The Bermuda Aquarium was not (and is not) particularly incredible as aquariums go, the biggest draw being a black spider monkey (not a fish, not an arachnid, but a scruffy, skinny monkey of South American lineage) which would take the peanuts we offered through the bars and leap about shrieking in delight, and then have a bit of a wank (as primates will no matter the blushes they create).

Between the fish tanks and the spider monkey was a small pool with a wooden and canvas umbrella arrangement above it. In that pool, and on a few rocks and diving platforms around it, lived (at the most, as I recall) four penguins. They were small, rather shabby penguins and not particularly friendly. There was nothing one could throw to them by way of food as an enticement to do tricks. Wealthier folks would try and bounce big British pennies off their heads (turtles came in for the same treatment and were an easier target), but we had spent our pennies on peanuts for the filthy little monkey round the corner. I recall the penguin population shrinking to two. It was quite pathetic. And then there were none. The monkey made an exit as well. Last I was at the Bermuda Aquarium Museum and Zoo, as it is now styled, the penguin tank had become home to a few small seals, and the place where once a monkey ranged was a hollow with a dusty alligator in it.

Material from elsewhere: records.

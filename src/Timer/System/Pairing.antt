-- ===== src/Timer/System/Pairing.antt =====
-- How the interrupt and the semaphore of a timer go together: timer_posix.c, timer_winapi.c and timer_uwp.c.
use daemonlib.Base.{
  ℕ, ◌+◌, ◌-◌, ◌<◌, ◌≡◌, inl, inr, refl, sym, ◌∙◌, subst, true, false, Bool-cases, List, [], ◌∷◌,
  ◌==◌, arith,
}
use daemonlib.Timer.{
  Configuration, Tick, Timer, read_tick, set_configuration, stop, Round, goes, leaves, Outcome,
  nothing, ticks, loads, breaks, Backend,
}
use daemonlib.Timer.System.{
  Main, Thread, not_started, started, stopped, System, after, outside, assigned, waiting,
  destroying, joining, gone,
}

-- While the thread lives: what is pending.
abbrev pub IsLive : Main → Timer → Type 0
IsLive outside t = (t.interrupt ≡ 0) × (t.handshake ≡ 0)
IsLive assigned t = (t.interrupt ≡ 0) × (t.handshake ≡ 0)
IsLive waiting t = t.interrupt + t.handshake ≡ 1
IsLive destroying t = (t.running ≡ false) × (t.interrupt ≡ 0)
IsLive joining t = (t.running ≡ false) × (t.interrupt ≡ 1)
IsLive gone t = Unit {0}

-- After the thread has left its loop.
abbrev IsOver : Main → Timer → Type 0
IsOver outside t = t.running ≡ false
IsOver assigned t = (t.running ≡ false) × (0 < t.handshake)
IsOver waiting t = (t.running ≡ false) × (0 < t.handshake)
IsOver destroying t = t.running ≡ false
IsOver joining t = t.running ≡ false
IsOver gone t = Unit {0}

abbrev pub IsPaired : {L : Type 0} → Main → Thread L → Timer → Type 0
IsPaired m not_started t = IsLive m t
IsPaired m (started l) t = IsLive m t
IsPaired m stopped t = IsOver m t

abbrev pub Holds : {L : Type 0} → System L → Type 0
Holds s = IsPaired s.main s.thread s.timer

Outcome-Holds :
    {L : Type 0} (id : L → ℕ) (under : L → Configuration) (s : System L) (m : Main) (l : L)
    (r : Round L)
    → Outcome id under s.timer l r
    → IsLive m s.timer
    → IsPaired m (after r s).thread (after r s).timer
Outcome-Holds id under s m l _ (nothing l' a b) live = live
Outcome-Holds id under s outside l _ (ticks l' a b on) live = live
Outcome-Holds id under s assigned l _ (ticks l' a b on) live = live
Outcome-Holds id under s waiting l _ (ticks l' a b on) live = live
Outcome-Holds id under s destroying l _ (ticks l' a b on) live = live
Outcome-Holds id under s joining l _ (ticks l' a b on) live = live
Outcome-Holds id under s gone l _ (ticks l' a b on) live = live
Outcome-Holds id under s outside l _ (loads k l' less alive a b) (p, q) = ground (arith, p, less)
Outcome-Holds id under s assigned l _ (loads k l' less alive a b) (p, q) = ground (arith, p, less)
Outcome-Holds id under s waiting l _ (loads k l' less alive a b) p = omega (arith, p, less)
Outcome-Holds id under s destroying l _ (loads k l' less alive a b) (p, q) =
    ground (arith, p, alive)
Outcome-Holds id under s joining l _ (loads k l' less alive a b) (p, q) = ground (arith, p, alive)
Outcome-Holds id under s gone l _ (loads k l' less alive a b) live = tt
Outcome-Holds id under s outside l _ (breaks k less) live = refl
Outcome-Holds id under s assigned l _ (breaks k less) live = (refl, omega arith)
Outcome-Holds id under s waiting l _ (breaks k less) live = (refl, omega arith)
Outcome-Holds id under s destroying l _ (breaks k less) live = refl
Outcome-Holds id under s joining l _ (breaks k less) live = refl
Outcome-Holds id under s gone l _ (breaks k less) live = tt

-- The timer's loop ends where it is tested.
pub stop-IsOver : (m : Main) (t : Timer) → IsOver m (stop t)
stop-IsOver outside t = refl
stop-IsOver assigned t = (refl, omega arith)
stop-IsOver waiting t = (refl, omega arith)
stop-IsOver destroying t = refl
stop-IsOver joining t = refl
stop-IsOver gone t = tt

pub starts-Holds :
    {L : Type 0} (m : Main) (th : Thread L) (l : L) (t : Timer)
    → th ≡ not_started
    → IsPaired m th t
    → IsPaired m (started l) t
starts-Holds m th l t fresh h = subst (λ th. IsPaired m th t) fresh h

pub assigns-Holds :
    {L : Type 0} (th : Thread L) (delay interval : ℕ) (t : Timer)
    → t.running ≡ true
    → IsPaired outside th t
    → IsPaired assigned th (set_configuration delay interval t)
assigns-Holds not_started delay interval t alive h = h
assigns-Holds (started l) delay interval t alive h = h
assigns-Holds stopped delay interval t alive h = ground (arith, alive, h)

pub cannot_raise-Holds :
    {L : Type 0} (th : Thread L) (t : Timer) → IsPaired assigned th t → IsPaired outside th t
cannot_raise-Holds not_started t h = h
cannot_raise-Holds (started l) t h = h
cannot_raise-Holds stopped t h = h.0

pub raises-Holds :
    {L : Type 0} (th : Thread L) (t : Timer) (k : ℕ)
    → (t.interrupt ≡ 0 → k ≡ 1)
    → IsPaired assigned th t
    → IsPaired waiting th (record t { interrupt = k })
raises-Holds not_started t k one (a, b) = let e = one a in omega (arith, e, b)
raises-Holds (started l) t k one (a, b) = let e = one a in omega (arith, e, b)
raises-Holds stopped t k one h = h

pub raises_last-Holds :
    {L : Type 0} (th : Thread L) (t : Timer) (k : ℕ)
    → (t.interrupt ≡ 0 → k ≡ 1)
    → IsPaired destroying th t
    → IsPaired joining th (record t { interrupt = k })
raises_last-Holds not_started t k one (a, b) = (a, one b)
raises_last-Holds (started l) t k one (a, b) = (a, one b)
raises_last-Holds stopped t k one h = h

pub acquires-Holds :
    {L : Type 0} (th : Thread L) (t : Timer)
    → 0 < t.handshake
    → IsPaired waiting th t
    → IsPaired outside th (record t { handshake = t.handshake - 1 })
acquires-Holds not_started t count h = (omega (arith, count, h), omega (arith, count, h))
acquires-Holds (started l) t count h = (omega (arith, count, h), omega (arith, count, h))
acquires-Holds stopped t count h = h.0

pub destroys-Holds :
    {L : Type 0} (th : Thread L) (t : Timer)
    → IsPaired outside th t
    → IsPaired destroying th (record t { running = false })
destroys-Holds not_started t h = (refl, h.0)
destroys-Holds (started l) t h = (refl, h.0)
destroys-Holds stopped t h = refl

pub gone-Holds : {L : Type 0} (th : Thread L) (t : Timer) → IsPaired gone th t
gone-Holds not_started t = tt
gone-Holds (started l) t = tt
gone-Holds stopped t = tt

unread :
    {L : Type 0} (th : Thread L) (t t' : Timer)
    → t.running ≡ t'.running
    → t.interrupt ≡ t'.interrupt
    → t.handshake ≡ t'.handshake
    → IsPaired outside th t'
    → IsPaired outside th t
unread not_started t t' a b c h = (b ∙ h.0, c ∙ h.1)
unread (started l) t t' a b c h = (b ∙ h.0, c ∙ h.1)
unread stopped t t' a b c h = a ∙ h

pub handles-Holds :
    {L : Type 0} (th : Thread L) (more : List Tick) (t : Timer)
    → IsPaired outside th t
    → IsPaired outside th (read_tick more t).1
handles-Holds th [] t h = h
handles-Holds th (tick ∷ more) t h = elim (Bool-cases (tick.id == t.configuration_id)) [
  | inl same ↦ simp same (unread th (record t { notification = more }) t refl refl refl h)
  | inr other ↦ simp other (unread th (record t { notification = more }) t refl refl refl h)
]

after-main : {L : Type 0} (r : Round L) (s : System L) → s.main ≡ (after r s).main
after-main (goes t l) s = refl
after-main (leaves t) s = refl

pub rounds-Holds :
    (B : Backend) (s : System B.Local) (l : B.Local) (r : Round B.Local)
    → s.thread ≡ started l
    → Outcome B.id B.under s.timer l r
    → Holds s
    → Holds (after r s)
rounds-Holds B s l r live outcome h =
    subst (λ m. IsPaired m (after r s).thread (after r s).timer) (after-main r s)
      (Outcome-Holds B.id B.under s s.main l r outcome
        (subst (λ th. IsPaired s.main th s.timer) live h))

pub raised :
    (B : Backend) (s : System B.Local) (m : Main)
    → ((k : ℕ)
        → (s.timer.interrupt ≡ 0 → k ≡ 1)
        → IsPaired m s.thread (record s.timer { interrupt = k }))
    → IsPaired m s.thread (B.raise s.timer)
raised B s m h =
    let (k, e, one) = B.raise-interrupt s.timer in subst (IsPaired m s.thread) (sym e) (h k one)

pub main_is :
    {L : Type 0} (s : System L) (m : Main) → s.main ≡ m → Holds s → IsPaired m s.thread s.timer
main_is s m here h = subst (λ m. IsPaired m s.thread s.timer) here h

Barter Books in Alnwick, Northumberland, is one of the largest second-hand bookstores in Britain. Hundreds of thousands of books ranging from rare and expensive first editions to recent best sellers. One can buy books (and it's hard to not find the ones you're looking for with so many titles) or sell them. Not exactly sell, but barter them in exchange for purchases at the time or in the future.

The bookstore is housed in a former railway station, with the arched roof and layout so familiar to those of us who travel by rail here. There are a number of rooms and areas devoted to particular subjects. There's a restaurant (I recommend the cheese toasties and a pot of Earl Grey) and a bank of computers in case one wants to compute. A valuation service is provided daily. Dogs are welcome. There are huge murals. Couches, chairs and tables are available if you want to rest (you'll most likely need to as hours can pass). Old railway stations being what they are, there are coal fires to sit by for warmth. And non-gender-specific (unisex) lavatories, which seems European somehow. There's a children's area too, always a plus if you haven't got a caged monkey or penguins.

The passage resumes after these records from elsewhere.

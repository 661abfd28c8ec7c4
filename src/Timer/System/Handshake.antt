-- ===== src/Timer/System/Handshake.antt =====
-- The interrupt and the semaphore between `timer_configure` or `timer_destroy` and `timer_thread`:
-- timer_posix.c, timer_winapi.c and timer_uwp.c.
use daemonlib.Timer.{Timer}
use daemonlib.Timer.System.{System}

But Barter Books does have Penguins. Penguin Books. Thousands of them.

Penguin Books was founded in 1935 with the promise of inexpensive books for everybody and anybody. The price of a pack of cigarettes, I believe was standard, say 6d. That was six old pence. I remember buying Penguin Books for about 1/6 (one shilling and sixpence), but I don't hark back as far as 1935. When I was paying 1/6, I would guess a pack of ciggies was about that much as well. I no longer smoke and honestly have no idea how much cigarettes cost now, but a pack would be over £5, I'm sure. A new Penguin paperback of a classic novel could be less, most of the second hand copies at Barter Books cost about £3.

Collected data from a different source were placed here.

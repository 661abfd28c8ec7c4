-- ===== src/Timer/System/Meaning.antt =====
-- What a call of a timer's function means: timer_posix.c, timer_winapi.c and timer_uwp.c.
use daemonlib.Base.{◌+◌, ◌^◌, ◌≤◌, ◌<◌, ◌≡◌, refl, sym, subst, arith}
use daemonlib.Timer.{current, timer_handle_read, Round, goes, leaves, Backend}
use daemonlib.Timer.System.{
  System, after, Step, starts, assigns, cannot_raise, raises, acquires, handles, destroys,
  raises_last, cannot_raise_last, joins, assigned, waiting, joining, destroys_stopped, rounds, ends,
  Reach, start, later,
}
use daemonlib.Timer.System.Freshness.{
  AreMeant, Invariant, IsThreadFresh, assigns-Invariant, created-Invariant, handled-Invariant,
  raises-Invariant, round-Invariant, starts-Invariant,
}

Step-Invariant :
    (B : Backend) (s s' : System B.Local)
    → s'.configured < 2 ^ 32
    → Invariant B s
    → Step B s s'
    → Invariant B s'
unfolding timer_handle_read
Step-Invariant B s _ small inv (starts fresh) = starts-Invariant B s inv
Step-Invariant B s _ small inv (assigns delay interval t here e) =
    subst
      (λ t. Invariant B (record s { timer = t; main = assigned; configured = s.configured + 1 }))
      (sym (B.start_configure-sets delay interval s.timer t e).1)
      (assigns-Invariant B s delay interval assigned small inv)
Step-Invariant B s _ small inv (cannot_raise here) = record {
  counted = inv.counted;
  thread = inv.thread;
  notified = inv.notified;
  called = inv.called;
}
Step-Invariant B s _ small inv (raises here) = raises-Invariant B s waiting inv
Step-Invariant B s _ small inv (acquires here some_count) = record {
  counted = inv.counted;
  thread = inv.thread;
  notified = inv.notified;
  called = inv.called;
}
Step-Invariant B s _ small inv (handles here) =
    handled-Invariant B s s.timer.notification inv.notified inv
Step-Invariant B s _ small inv (destroys here alive) = record {
  counted = inv.counted;
  thread = inv.thread;
  notified = inv.notified;
  called = inv.called;
}
Step-Invariant B s _ small inv (raises_last here) = raises-Invariant B s joining inv
Step-Invariant B s _ small inv (cannot_raise_last here) = record {
  counted = inv.counted;
  thread = inv.thread;
  notified = inv.notified;
  called = inv.called;
}
Step-Invariant B s _ small inv (joins here done) = record {
  counted = inv.counted;
  thread = inv.thread;
  notified = inv.notified;
  called = inv.called;
}
Step-Invariant B s _ small inv (destroys_stopped here done) = record {
  counted = inv.counted;
  thread = inv.thread;
  notified = inv.notified;
  called = inv.called;
}
Step-Invariant B s _ small inv (rounds w ok l live can) =
    round-Invariant B s l (B.round w ok s.timer l) (B.round-Outcome w ok s.timer l can)
      (subst (IsThreadFresh B s.configured (current s.timer)) live inv.thread) inv
Step-Invariant B s _ small inv (ends l live done) = record {
  counted = inv.counted;
  thread = tt;
  notified = inv.notified;
  called = inv.called;
}

after-configured : {L : Type 0} (r : Round L) (s : System L) → (after r s).configured ≡ s.configured
after-configured (goes t l) s = refl
after-configured (leaves t) s = refl

Step-configured : (B : Backend) (s s' : System B.Local) → Step B s s' → s.configured ≤ s'.configured
Step-configured B s _ (starts fresh) = omega arith
Step-configured B s _ (assigns delay interval t here e) = omega arith
Step-configured B s _ (cannot_raise here) = omega arith
Step-configured B s _ (raises here) = omega arith
Step-configured B s _ (acquires here some_count) = omega arith
Step-configured B s _ (handles here) = omega arith
Step-configured B s _ (destroys here alive) = omega arith
Step-configured B s _ (raises_last here) = omega arith
Step-configured B s _ (cannot_raise_last here) = omega arith
Step-configured B s _ (joins here done) = omega arith
Step-configured B s _ (destroys_stopped here done) = omega arith
Step-configured B s _ (rounds w ok l live can) =
    let same = after-configured (B.round w ok s.timer l) s in omega (arith, same)
Step-configured B s _ (ends l live done) = omega arith

Reach-Invariant :
    (B : Backend) (s : System B.Local) → Reach B s → s.configured < 2 ^ 32 → Invariant B s
Reach-Invariant B _ start small = created-Invariant B
Reach-Invariant B s' (later {s} reach step) small =
    Step-Invariant B s s' small
      (Reach-Invariant B s reach (omega (arith, Step-configured B s s' step, small))) step

-- For each of the three files: as long as fewer than 2^32 configurations have been made, every call of the
-- timer's function is for a tick that the thread wrote under the configuration that is current at the call,
-- and that configuration has a delay or an interval: a stopped timer does not call, nor does an old tick.
pub calls_meant :
    (B : Backend) (s : System B.Local) → Reach B s → s.configured < 2 ^ 32 → AreMeant s.calls
calls_meant B s reach small = (Reach-Invariant B s reach small).called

When I was in my early teens my father remarried for the first time. Beryl, my first step-mother, who I really liked immediately because she had more books than anybody I'd ever known besides the public library, may have brought most of her book collection to Bermuda (from England) when she came out on a teaching contract as she had many, many dozens of the original 6d Penguin paperbacks. Orange and white covers for general fiction, green and white for crime, dark blue and white for biographies, and Beryl even had some of the rarer purple and white covered essays.

While I was looking through Beryl's history books, Penguin was fighting the Lady Chatterley's Lover obscenity case (which it won). Not many years later I was buying my own Penguins, all of DH Lawrence's writings, including the four Lady Chatterley's, as well as all the modern classics (I was partial to Huxley, Mann, Orwell, Woolf and Gide and can still recall my shelves filled with everything I could buy from those writers).

I would go to rummage sales and second hand bookstores in Bermuda and one couldn't go wrong looking for Penguins. The spines on so many of my books were bright orange. Like real, feathered penguins, the thousands of Penguin publications are as individual and different, and each has its own call and is recognised immediately and exactly, even in a huge crowd, despite the similar outfitting.

In Barter Books yesterday I noticed that their very old 6d version Penguins are on display at the ends of rows in their alphabetical fiction section. I recognised titles that I've had in my time, plays by George Bernard Shaw, and Erewhon by Samuel Butler, and many titles by DH Lawrence (before Chatterley). I looked inside one book and it had, in ink, the name of the original owner and the date 1935, and a college address. A charming discovery.

If I were on an ice sheet with a million penguins and could take a few home with me, I think one might appreciate that any two would most likely be fine given the colony. In Barter Books yesterday, with hundreds of thousands of titles in something of a blur, and having only scratched the surface in my favourite sections, I came out with a couple of books that will, I'm sure, be winners. One is not a Penguin, but a large pictorial biography of Lewis Carroll (I went down a great many rabbit holes when I was younger and I'm still partial to Alice and mushrooms).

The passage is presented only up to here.